Despite the obvious simplicity of deriving (42), the relevant works on Lamb waves in anisotropic plates [56, 57] use a more complicated procedure.
1.5. Multilayered Plates: The Transfer Matrix Method
The transfer matrix method suggested for analyzing propagation of Lamb and Rayleigh waves multilayered isotropic media was introduced in [59, 60]. Up to now, the transfer matrix method was combined with the three-dimensional formalism. The main idea of the method is to exclude the unknown coefficients Ck in representation (25) expressing them in terms of the only partly known surface tractions and displacements on one of the outer surfaces of the plate; such a procedure is similar to (40a), (41b). If the plate contains several layers, the interface conditions can also be expressed in terms of these surface tractions and displacements via specially constructed transfer matrices. Finally, the boundary conditions on the other outer surface are expressed in terms of the surface tractions and displacements from the first outer surface.
Since its introduction, the transfer matrix method was applied to finding the dispersion relations for Lamb waves propagating in both isotropic [60–62] and monoclinic (or with higher symmetries) [63, 64] multilayered plates.
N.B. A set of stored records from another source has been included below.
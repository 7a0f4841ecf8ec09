-- ===== src/CString/Tests.antt =====
-- string.c on "boi" at 100 and "BOX" at 200.
use boi_os.Prelude.{
  ℕ, ◌-◌, ◌≡◌, ◌↔◌, List, [], ◌∷◌, Option, some, get_elem?, take, arith, ltb, if◌then◌else◌,
}
use boi_os.Prelude.Int.{pos}
use boi_os.Prelude.Mem.{Mem}
use boi_os.CString.{istrncmp}
use boi_os.CString.Laws.{IsString}
use boi_os.CString.Compare.{map_lower, istrncmp-zero_iff}

abbrev byte_or_zero : Option ℕ → ℕ
byte_or_zero Option.none = 0
byte_or_zero (some c) = c

abbrev boi : List ℕ
boi = b'b' ∷ b'o' ∷ b'i' ∷ []

abbrev box : List ℕ
box = b'B' ∷ b'O' ∷ b'X' ∷ []

-- The two strings, with zero bytes elsewhere.
abbrev mem : Mem
mem a =
    if ltb a 200
    then byte_or_zero (get_elem? boi (a - 100))
    else byte_or_zero (get_elem? box (a - 200))

boi-IsString : IsString mem 100 boi
boi-IsString = omega arith

box-IsString : IsString mem 200 box
box-IsString = omega arith

istrncmp-zero_iff_example :
    (istrncmp mem 100 200 2 ≡ pos 0) ↔ (map_lower (take 2 boi) ≡ map_lower (take 2 box))
istrncmp-zero_iff_example = istrncmp-zero_iff 2 boi box mem 100 200 boi-IsString box-IsString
Despite the abundance and simplicity, the original variant of the transfer matrix method revealed some numerical instability, especially when high frequencies and large depths of the layers were considered. To overcome this problem, the numerically stable algorithms were suggested [65–70]. Differing in details, these algorithms have the common principle idea of eliminating the terms containing large exponentials. Such a procedure, developed in [65], is known as the δ-matrix method [66, 67]. The δ-matrix method can also be applied for analyzing dispersion of Lamb waves in a single-layered plate; see [65].
In the following sections, the transfer matrix method will be coupled with the Cauchy six-dimensional formalism, and a numerically stable approach resembling [65–70] will be worked out.
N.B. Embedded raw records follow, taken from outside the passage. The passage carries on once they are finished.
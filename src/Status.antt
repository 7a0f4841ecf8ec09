-- ===== src/Status.antt =====
-- src/status.h: the error codes, and the `int` results that carry them.
use boi_os.Prelude.{ℕ}

-- The codes of status.h. A function returns one negated.
pub data Errno : Type 0 where
  eio einvarg enomem ebadpath efsnotus erdonly eunimp eistkn einformat : Errno

-- An `int` result: a value that is not negative, or a negated code.
pub data Response : Type 0 where
  ok : ℕ → Response
  err : Errno → Response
1.6. Multilayered Plates: The Global Matrix Method
The global matrix method introduced in [71] appeared more numerically stable than the original version of the transfer matrix method; see [62, 65] for discussions. In [72–77] applications of the global matrix method to analyses of Lamb wave dispersion are presented.
There are several variants of constructing the global matrix. For a traction-free plate containing n-homogeneous anisotropic layers, the matrix equation related to the global matrix method can be written in the following form:
(43)0→6n=((0,I)·D1+D1--D2+D2--D3+⋯⋯(0,I)·Dn-)·(C→1C→2C→3⋮C→n),
where C→k∈ℂ6, k=1,…,n, are six-dimensional generally complex vectors containing the unknown coefficients in representation (25); Dk± are 6×6-matrices defining displacements by (25) and surface tractions by (30) on both surfaces of a layer: (44)Dk±=(mk1e±irγk1hk⋯mk6e±irγk6hk(γk1ν·Ck·ν+ν·Ck·n)·mk1e±irγk1hk⋯(γk6ν·Ck·ν+ν·Ck·n)·mk6e±irγk6hk).
Despite the reported numerical stability [72–74], the comparative study of the original transfer matrix method [58, 59] and the global matrix method [71] revealed that actually both methods exhibit some intrinsic instability resulting in loss of accuracy at high frequencies and large depths of the layers [78]. To overcome the persistent instability, in [78] a more refined rearrangement of the exponential terms, appearing in the global matrix method, was suggested.